RAG vs Fine-Tuning: Which AI Approach Is Right for Your Business?
Both RAG and fine-tuning can improve AI performance — but they solve different problems. Learn when to use each (and when to combine them).
If you've started evaluating AI solutions for your business, you've probably hit this question: should we use RAG or fine-tuning? The answer is: it depends — and understanding the difference will save you months of expensive wrong turns.
What Is RAG?
Retrieval-Augmented Generation gives an AI model access to a search index over your documents at query time. The model retrieves relevant passages and uses them as context when generating its response.

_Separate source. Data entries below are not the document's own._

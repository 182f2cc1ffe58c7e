-- ===== src/Jar/Class/Pooled.antt =====
-- `class_execute` of src/runtime/jar.c ends, and gives the pool back to the heap.
use openyanase_kernel.Base.{
  ℕ, zero, suc, ◌+◌, ◌-◌, ◌*◌, ◌≤◌, ◌<◌, ◌≡◌, refl, sym, subst, ◌∙◌, true, false, ◌||◌, not, Option,
  none, some, List, length, ltb, ◌==◌, ltb→lt, Bool-cases, Option-cases, inl, inr, arith, u16,
  update, add32,
}
use openyanase_kernel.Initrd.{Memory, at}
use openyanase_kernel.Heap.{Heap, kmalloc, kfree}
use openyanase_kernel.Heap.Blocks.{Blk, alloc}
use openyanase_kernel.Heap.Alloc.{IsHeap, KmallocServes, kmalloc_first_fit}
use openyanase_kernel.Heap.Adjacent.{Apart}
use openyanase_kernel.Heap.Cycle.{kfree-kmalloc}
use openyanase_kernel.Runtime.Machine.{Vm, CpEntry, other}
use openyanase_kernel.Runtime.Bytecode.{finished, undefined, running}
use openyanase_kernel.Jar.Pool.{Parsed, be16, be32, parse_entry, pool_loop, parse_constant_pool}
use openyanase_kernel.Jar.Class.{
  Executed, failed, ran, release_pool, run_main, find_main_at, Fuel, entry_size, with_pool,
  class_execute,
}

parse_entry-places :
    (m : Memory) (tag off : ℕ) (r : Parsed)
    → parse_entry m tag off ≡ some r
    → (1 ≤ r.places) × (r.places ≤ 2)
unfolding parse_entry
parse_entry-places m tag off r h = ground arith

module _ (fuel : ℕ) (m : Memory) (count i off : ℕ) (cp : ℕ → CpEntry) where
  pool_end : ltb i count ≡ false → pool_loop (suc fuel) m count i off cp ≡ some (off, cp)
  unfolding pool_loop
  pool_end out = rw out refl

  pool_unknown :
      ltb i count ≡ true
      → parse_entry m (m off) (add32 off 1) ≡ none
      → pool_loop (suc fuel) m count i off cp ≡ some (add32 off 1, update cp i (other (m off)))
  unfolding pool_loop
  pool_unknown inside e = rw (inside, e) refl

  pool_next :
      (r : Parsed)
      → ltb i count ≡ true
      → parse_entry m (m off) (add32 off 1) ≡ some r
      → pool_loop (suc fuel) m count i off cp
        ≡ pool_loop fuel m count (u16 (i + r.places)) r.off (update cp i r.entry)
  unfolding pool_loop
  pool_next r inside e = rw (inside, e) refl

-- Whatever the bytes are, each round moves on in the pool.
pool_loop-ends :
    (fuel : ℕ) (m : Memory) (count i off : ℕ) (cp : ℕ → CpEntry)
    → count ≤ 512
    → i ≤ 514
    → count - i < fuel
    → (r : ℕ × (ℕ → CpEntry)) × (pool_loop fuel m count i off cp ≡ some r)
pool_loop-ends zero m count i off cp small room lt = absurd (omega arith)
pool_loop-ends (suc fuel) m count i off cp small room lt = elim (Bool-cases (ltb i count)) [
  | inr out ↦ ((off, cp), pool_end fuel m count i off cp out)
  | inl inside ↦ elim (Option-cases (parse_entry m (m off) (add32 off 1))) [
    | inl e ↦ (_, pool_unknown fuel m count i off cp inside e)
    | inr (r, e) ↦
        let (least, most) = parse_entry-places m (m off) (add32 off 1) r e in
        let before = ltb→lt i count inside in
        let rest =
          pool_loop-ends fuel m count (u16 (i + r.places)) r.off (update cp i r.entry) small
            (omega arith) (omega arith) in
        (rest.0, pool_next fuel m count i off cp r inside e ∙ rest.1)
  ]
]

-- The heap has the blocks from before, if the run of `main` is over or there was none.
abbrev pub Freed : List Blk → Executed → Heap → Type 0
Freed bs failed h = IsHeap h bs
Freed bs (ran (finished s)) h = IsHeap h bs
Freed bs (ran undefined) h = Unit {0}
Freed bs (ran running) h = Unit {0}

abbrev Ends : List Blk → Option (Executed × Heap) → Type 0
Ends bs m = (e : Executed) × (h : Heap) × (m ≡ some (e, h)) × Freed bs e h

release_pool-Ends :
    (fuel : ℕ) (bs : List Blk) (h1 h2 : Heap) (p : ℕ) (e : Executed)
    → kfree fuel h1 p ≡ some h2
    → IsHeap h2 bs
    → Ends bs (release_pool fuel h1 p e)
unfolding release_pool
release_pool-Ends fuel bs h1 h2 p failed freed v = (failed, h2, rw freed refl, v)
release_pool-Ends fuel bs h1 h2 p (ran (finished s)) freed v =
    (ran (finished s), h2, rw freed refl, v)
release_pool-Ends fuel bs h1 h2 p (ran undefined) freed v = (ran undefined, h1, refl, tt)
release_pool-Ends fuel bs h1 h2 p (ran running) freed v = (ran running, h1, refl, tt)

-- The blocks of the heap after a request.
abbrev pub left : List Blk → Option (ℕ × List Blk) → List Blk
left bs none = bs
left bs (some (off, bs')) = bs'

-- Rounds enough for the heap, and for a pool of 512 constants.
abbrev pub enough : ℕ → List Blk → ℕ → Fuel
enough n bs run = record {
  to_alloc = suc (length bs);
  to_free = suc (length (left bs (alloc n bs)));
  to_parse = 513;
  to_run = run;
}

module _ (m : Memory) (size : ℕ) (before : ℕ → CpEntry) (mouse : ℕ × ℕ) (s : Vm) where
  with_pool-Ends :
      (fuel : Fuel) (bs : List Blk) (h1 h2 : Heap) (p : ℕ)
      → fuel.to_parse ≡ 513
      → be16 m 8 ≤ 512
      → (p == 0) ≡ false
      → kfree fuel.to_free h1 p ≡ some h2
      → IsHeap h2 bs
      → Ends bs (with_pool fuel m size before mouse s p h1)
  unfolding with_pool parse_constant_pool
  with_pool-Ends fuel bs h1 h2 p rounds small not_null freed v =
      let (r, parsed) =
        pool_loop-ends 513 (at m 10) (be16 m 8) 1 0 before small (omega arith) (omega arith) in
      let run =
        run_main fuel.to_run m r.1 (be16 m 8) mouse s
          (find_main_at m size r.1 (be16 m 8) (10 + r.0)) in
      rw (not_null, rounds, parsed) (release_pool-Ends fuel.to_free bs h1 h2 p run freed v)

  with_pool_null :
      (fuel : Fuel) (h : Heap) → with_pool fuel m size before mouse s 0 h ≡ some (failed, h)
  unfolding with_pool
  with_pool_null fuel h = refl

  module _ (h : Heap) (bs : List Blk) (run : ℕ) (v : IsHeap h bs) (apart : Apart bs) where
    served :
        (o : Option (ℕ × List Blk))
        → alloc (be16 m 8 * entry_size) bs ≡ o
        → (ltb size 10 || not (be32 m 0 == 0xCAFE_BABE) || ltb 512 (be16 m 8)) ≡ false
        → Ends bs (class_execute (enough (be16 m 8 * entry_size) bs run) m size before mouse s h)
    unfolding class_execute
    served none e pass =
        let refused =
          subst
            (λ o.
              KmallocServes h (be16 m 8 * entry_size) o
                (kmalloc (suc (length bs)) h (be16 m 8 * entry_size)))
            e (kmalloc_first_fit h (be16 m 8 * entry_size) bs v) in
        rw (pass, refused) (failed, h, with_pool_null (enough (be16 m 8 * entry_size) bs run) h, v)
    served (some (off, bs')) e pass =
        let (h1, h2, taken, freed, v2) = kfree-kmalloc h (be16 m 8 * entry_size) bs v apart e in
        let given_back =
          subst (λ o. kfree (suc (length (left bs o))) h1 (h.heap_start + off + 12) ≡ some h2)
            (sym e) freed in
        rw (pass, taken)
          (with_pool-Ends (enough (be16 m 8 * entry_size) bs run) bs h1 h2 (h.heap_start + off + 12)
            refl (ground arith) (ground arith) given_back v2)

    -- Whatever the bytes of the class file are, `class_execute` gets through them, and the heap has
    -- the blocks from before when it returns: a file that is refused takes none, and the pool is
    -- given back after the run of `main`, where the class has no `main`, and on each early exit. If
    -- the run does not come to its end, nothing is said of the heap.
    pub class_execute-Freed :
        (e : Executed) × (h1 : Heap) × (class_execute
            (enough (be16 m 8 * entry_size) bs run)
            m
            size
            before
            mouse
            s
            h
          ≡ some (e, h1))
        × Freed bs e h1
    unfolding class_execute
    class_execute-Freed =
        elim (Bool-cases (ltb size 10 || not (be32 m 0 == 0xCAFE_BABE) || ltb 512 (be16 m 8))) [
          | inl refused ↦ (failed, h, rw refused refl, v)
          | inr pass ↦ served (alloc (be16 m 8 * entry_size) bs) refl pass
        ]
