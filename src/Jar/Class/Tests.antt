-- ===== src/Jar/Class/Tests.antt =====
-- `class_execute` of src/runtime/jar.c on a class whose `main` returns at once.
use openyanase_kernel.Base.{ℕ, ◌*◌, ◌+◌, ◌≡◌, refl, List, [], ◌∷◌, get_or, arith, some, none}
use openyanase_kernel.Initrd.{Memory, at}
use openyanase_kernel.Heap.{Heap, heap_init}
use openyanase_kernel.Heap.Blocks.{vacant}
use openyanase_kernel.Heap.Alloc.{heap_init-IsHeap}
use openyanase_kernel.Runtime.Machine.{Vm, CpEntry, other, ◌>>=◌}
use openyanase_kernel.Jar.Pool.{be16, parse_constant_pool, parse_entry}
use openyanase_kernel.Jar.Class.{Executed, find_main_at, entry_size, class_execute}
use openyanase_kernel.Jar.Class.Pooled.{Freed, enough, class_execute-Freed}

abbrev class_bytes : List ℕ
class_bytes =
    0xCA ∷ 0xFE ∷ 0xBA ∷ 0xBE ∷ 0 ∷ 0 ∷ 0 ∷ 0x34 ∷ 0 ∷ 3 ∷ 1 ∷ 0 ∷ 4 ∷ b'm' ∷ b'a' ∷ b'i' ∷ b'n' ∷ 1
    ∷ 0 ∷ 4 ∷ b'C' ∷ b'o' ∷ b'd' ∷ b'e' ∷ 0 ∷ 0x21 ∷ 0 ∷ 0 ∷ 0 ∷ 0 ∷ 0 ∷ 0 ∷ 0 ∷ 0 ∷ 0 ∷ 1 ∷ 0 ∷ 9
    ∷ 0 ∷ 1 ∷ 0 ∷ 0 ∷ 0 ∷ 1 ∷ 0 ∷ 2 ∷ 0 ∷ 0 ∷ 0 ∷ 13 ∷ 0 ∷ 0 ∷ 0 ∷ 0 ∷ 0 ∷ 0 ∷ 0 ∷ 1 ∷ 0xB1 ∷ 0 ∷ 0
    ∷ 0 ∷ 0 ∷ []

abbrev class_file : Memory
class_file q = get_or class_bytes q 0

abbrev empty : ℕ → CpEntry
empty i = other 0

-- `main` is found behind the pool of 14 bytes.
main_found :
    (do
      (len, cp) ← parse_constant_pool 3 (at class_file 10) 3 empty
      find_main_at class_file 63 cp 3 (10 + len))
    ≡ some (some (record { code_ptr = 58; code_len = 1 }))
unfolding parse_constant_pool parse_entry find_main_at
main_found = refl

-- A file that ends inside the method is given up.
main_cut :
    (do
      (len, cp) ← parse_constant_pool 3 (at class_file 10) 3 empty
      find_main_at class_file 45 cp 3 (10 + len))
    ≡ none
unfolding parse_constant_pool parse_entry find_main_at
main_cut = refl

abbrev small_heap : Heap
small_heap = heap_init 0x1000 1024 (record {
  free_list = 0;
  heap_start = 0;
  heap_size = 0;
  cells = λ q. record { size = 0; free = 0; next = 0 };
})

abbrev machine : Vm
machine = record { stack = λ i. 0; depth = 0; locals = λ i. 0; pc = 0; calls = [] }

class_execute-Freed_example :
    (e : Executed) × (h1 : Heap) × (class_execute
        (enough (be16 class_file 8 * entry_size) (vacant 1012 ∷ []) 100)
        class_file
        63
        empty
        (400, 300)
        machine
        small_heap
      ≡ some (e, h1))
    × Freed (vacant 1012 ∷ []) e h1
class_execute-Freed_example =
    class_execute-Freed class_file 63 empty (400, 300) machine small_heap (vacant 1012 ∷ []) 100
      (heap_init-IsHeap 0x1000 1024 _ (omega arith) (omega arith) (omega arith)) (refl, tt)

Best for: Dynamic knowledge, large document libraries, when you need source citations, cost-sensitive deployments.
What Is Fine-Tuning?
Fine-tuning takes a pre-trained model and continues training it on a custom dataset — your data, your tone, your domain-specific patterns. The knowledge is baked into the model weights.
Best for: Teaching a specific writing style, domain-specific reasoning patterns, tasks where you have thousands of high-quality examples.
The Decision Framework
Use RAG when:
- Your data changes frequently (policies, prices, product specs)
- You need the model to cite sources
- Your knowledge base is large (100+ documents)
- You want to update information without retraining
- Budget is a primary constraint
Use Fine-Tuning when:
- You need a very specific tone, persona, or format
- You have 500–50,000 labelled examples
- The task is narrow and well-defined (e.g. classifying support tickets by category)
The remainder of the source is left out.